# Profile unity rta and flavour



## solantis (3/10/19)

I intend getting a profile unity rta mesh tank has anyone tried it and how's the flavour?


----------



## Beserker786 (4/10/19)

It’s decent, a little less flavour than the profile RDA, but certainly more flavour than my drop rda. I have heard the Kylin M has better flavour, so perhaps check that out as well!

Reactions: Like 1


----------



## DougP (4/10/19)

Beserker786 said:


> It’s decent, a little less flavour than the profile RDA, but certainly more flavour than my drop rda. I have heard the Kylin M has better flavour, so perhaps check that out as well!


I have both the Profile Unity RTA and Kylin M. 

Some pointers :

1. With regards to flavor they are pretty much on par. The Profile has a smoother airflow as it is slotted and feeds from the side whereas the Kylin has honeycomb top airflow so its a bit "raspier" 

2. The biggest difference between the two has to be when it comes to wicking and leaking. If you do not get the wicking 100% right on the Profile it will leak like crazy. Wicking is complex as there is 6 juice ports to cover (2 juice wells at bottom and 4 holes higher up in chimney)

On the Kylin there is only the 2 juice wells at the bottom so its easier to wick. The Kylin has top airflow so it won't easily leak through the airholes

3. The fill ports on the Kylin are large so its easy to fill. On the Profile the fill slots are very narrow so you tend to mess easily when filling if you don't take it slow and watch what you doing 

If you looking for a easy to wick, easy to use and easy to fill option that won't leak then I suggest the Kylin M. 
If you looking for a more refined and smoother vape then go for the Profile Unity. 

Both RTA's share the same coils 

And on your question of flavor. 
Flavor, and clouds on both these mesh RTA's is mind blowing. 
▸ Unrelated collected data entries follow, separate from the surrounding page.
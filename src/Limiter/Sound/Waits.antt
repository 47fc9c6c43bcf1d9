-- ===== src/Limiter/Sound/Waits.antt =====
-- The first loop of `Reserve` and the pruning of the map: waits and attempts in flight.
use gu_gu_manager.Base.{
  ℕ, ◌≤◌, ◌≡◌, refl, ◌∙◌, ◌⊎◌, inl, inr, String, true, false, none, some, List, [], ◌∷◌, arith,
  Bool-cases, Option-cases, str_eq, eq_iff, contains,
}
use gu_gu_manager.Base.Maps.{Assoc, lookup, IsDistinct, lookup-insert, lookup-remove}
use gu_gu_manager.Limiter.State.{AttemptLimit, AttemptState, is_idle, prune, retry_after}
use gu_gu_manager.Limiter.Reserve.{Checked, check_state, check_key, check_keys, prune_entries}
use gu_gu_manager.Limiter.Sound.States.{in_flight-prune, prune_still_free}
use gu_gu_manager.Limiter.Sound.Entries.{lookup-prune_entries-none}
use gu_gu_manager.Limiter.Sound.Room.{in_flight_of}

module _ (config : AttemptLimit) (now : ℕ) where
  -- How long the entry of a key has to wait; a key with no entry does not.
  unfoldable pub wait_of : String → Assoc AttemptState → ℕ
  wait_of key m = elim (lookup key m) [ none ↦ 0 | some s ↦ retry_after config s now ]

  idle_in_flight : (s : AttemptState) → is_idle s ≡ true → s.in_flight ≡ 0
  unfolding is_idle
  idle_in_flight s h = ground arith

  -- A wait that the maximum covers stays covered, and the wait of the visited key is covered.
  check_state_covers :
      (key j : String) (s : AttemptState) (c : Checked)
      → (str_eq key j ≡ false → wait_of j c.entries ≤ c.max_retry_after)
      → wait_of j (check_state config now key s c).entries
        ≤ (check_state config now key s c).max_retry_after
  unfolding check_state wait_of
  check_state_covers key j s c h =
      ground (arith, lookup-remove key j c.entries, lookup-insert key j s c.entries, eq_iff key j)

  pub check_key_covers :
      (key j : String) (c : Checked)
      → (str_eq key j ≡ false → wait_of j c.entries ≤ c.max_retry_after)
      → wait_of j (check_key config now key c).entries
        ≤ (check_key config now key c).max_retry_after
  unfolding check_key wait_of
  check_key_covers key j c h = elim (Option-cases (lookup key c.entries)) [
    | inl e ↦ rw (e, check_key) (absent e (Bool-cases (str_eq key j)))
    | inr (s, e) ↦ rw (e, check_key) (check_state_covers key j (prune config s now) c h)
  ]
    where
      absent :
          lookup key c.entries ≡ none
          → (str_eq key j ≡ true) ⊎ (str_eq key j ≡ false)
          → wait_of j c.entries ≤ c.max_retry_after
      absent e (inl same) = rw (← (eq_iff key j).0 same, wait_of, e) (omega arith)
      absent e (inr other) = h other

  -- After the loop the maximum covers the wait of each key that was visited.
  pub check_keys_covers :
      (keys : List String) (j : String) (c : Checked)
      → (contains j keys ≡ false → wait_of j c.entries ≤ c.max_retry_after)
      → wait_of j (check_keys config now keys c).entries
        ≤ (check_keys config now keys c).max_retry_after
  unfolding check_keys contains
  check_keys_covers [] j c h = h refl
  check_keys_covers (key ∷ keys) j c h =
      check_keys_covers keys j (check_key config now key c)
        (λ out. check_key_covers key j c (λ other. h (ground arith)))

  -- The maximum only grows, and so reaches the wait of a key that is blocked.
  check_state_grows :
      (key : String) (s : AttemptState) (c : Checked)
      → c.max_retry_after ≤ (check_state config now key s c).max_retry_after
  unfolding check_state
  check_state_grows key s c = ground arith

  pub check_key_grows :
      (key : String) (c : Checked)
      → c.max_retry_after ≤ (check_key config now key c).max_retry_after
  unfolding check_key
  check_key_grows key c =
      ground (arith, λ (s : AttemptState). check_state_grows key (prune config s now) c)

  pub check_keys_grows :
      (keys : List String) (c : Checked)
      → c.max_retry_after ≤ (check_keys config now keys c).max_retry_after
  unfolding check_keys
  check_keys_grows [] c = omega arith
  check_keys_grows (key ∷ keys) c =
      omega (arith, check_keys_grows keys (check_key config now key c), check_key_grows key c)

  check_state_in_flight :
      (key j : String) (s t : AttemptState) (c : Checked)
      → lookup key c.entries ≡ some t
      → s.in_flight ≡ t.in_flight
      → in_flight_of j (check_state config now key s c).entries ≡ in_flight_of j c.entries
  unfolding check_state in_flight_of
  check_state_in_flight key j s t c e f = ground (
    arith,
    lookup-remove key j c.entries,
    lookup-insert key j s c.entries,
    eq_iff key j,
    idle_in_flight s,
  )

  check_key_in_flight :
      (key j : String) (c : Checked)
      → in_flight_of j (check_key config now key c).entries ≡ in_flight_of j c.entries
  unfolding check_key
  check_key_in_flight key j c = elim (Option-cases (lookup key c.entries)) [
    | inl e ↦ rw (e, check_key)
    | inr (s, e) ↦
        rw (e, check_key)
          (check_state_in_flight key j (prune config s now) s c e (in_flight-prune config s now))
  ]

  pub check_keys_in_flight :
      (keys : List String) (j : String) (c : Checked)
      → in_flight_of j (check_keys config now keys c).entries ≡ in_flight_of j c.entries
  unfolding check_keys
  check_keys_in_flight [] j c = refl
  check_keys_in_flight (key ∷ keys) j c =
      check_keys_in_flight keys j (check_key config now key c) ∙ check_key_in_flight key j c

  pub prune_entries_in_flight :
      (j : String) (m : Assoc AttemptState)
      → IsDistinct m
      → in_flight_of j (prune_entries config now m) ≡ in_flight_of j m
  unfolding prune_entries in_flight_of lookup
  prune_entries_in_flight j [] d = refl
  prune_entries_in_flight j ((k, s) ∷ m) d = ground (
    arith,
    prune_entries_in_flight j m d.1,
    lookup-prune_entries-none config now k m d.0,
    in_flight-prune config s now,
    idle_in_flight (prune config s now),
    eq_iff k j,
  )

  pub prune_entries_wait :
      (j : String) (m : Assoc AttemptState)
      → IsDistinct m
      → wait_of j m ≡ 0
      → wait_of j (prune_entries config now m) ≡ 0
  unfolding prune_entries wait_of lookup
  prune_entries_wait j [] d h = refl
  prune_entries_wait j ((k, s) ∷ m) d h = ground (
    arith,
    prune_entries_wait j m d.1,
    lookup-prune_entries-none config now k m d.0,
    prune_still_free config s now,
    eq_iff k j,
  )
Sent from my LYA-L09 using Tapatalk

Reactions: Like 1 | Winner 2 | Informative 1


----------



## GerrieP (4/10/19)

@Blends Of Distinction. You are spot on in my humble opinion. I also do have both mentioned by u and I feel exactly the same. My person favorite will be the Kylin purely due to wicking. The profile is a tricky bugger to wick where the Kylin is straight forward as one would normally wick(with a big tad more cotton).. But both is surely delivering a bunch of flavor and cloud... Mesh is like a NI80 dual coil.. but for men... lol

Reactions: Like 1


----------



## Hakhan (4/10/19)

I find it highlights the sweetener in the juice and not an accurate flavour profile of the juice. extremely saturated vape. all the juices just tasted sweeter. Profile unity don't own a Kylin.. stopped buying vandy vape products.


----------



## DysectorZA (31/10/19)

I've just recently gotten myself a Kylin M to jump on the mesh bandwagon and I'm loving it, it's like my go to vape right now.

Thought it would be difficult to wick and work with, but I actually found it pretty easy. I watched a bunch of videos on it and a few people use different methods, so I suppose you just got to find a method that works for you. Now I've only wicked it once so far with the included cotton, but I'm going to try the Fire Bolt cotton method next and see how that works out.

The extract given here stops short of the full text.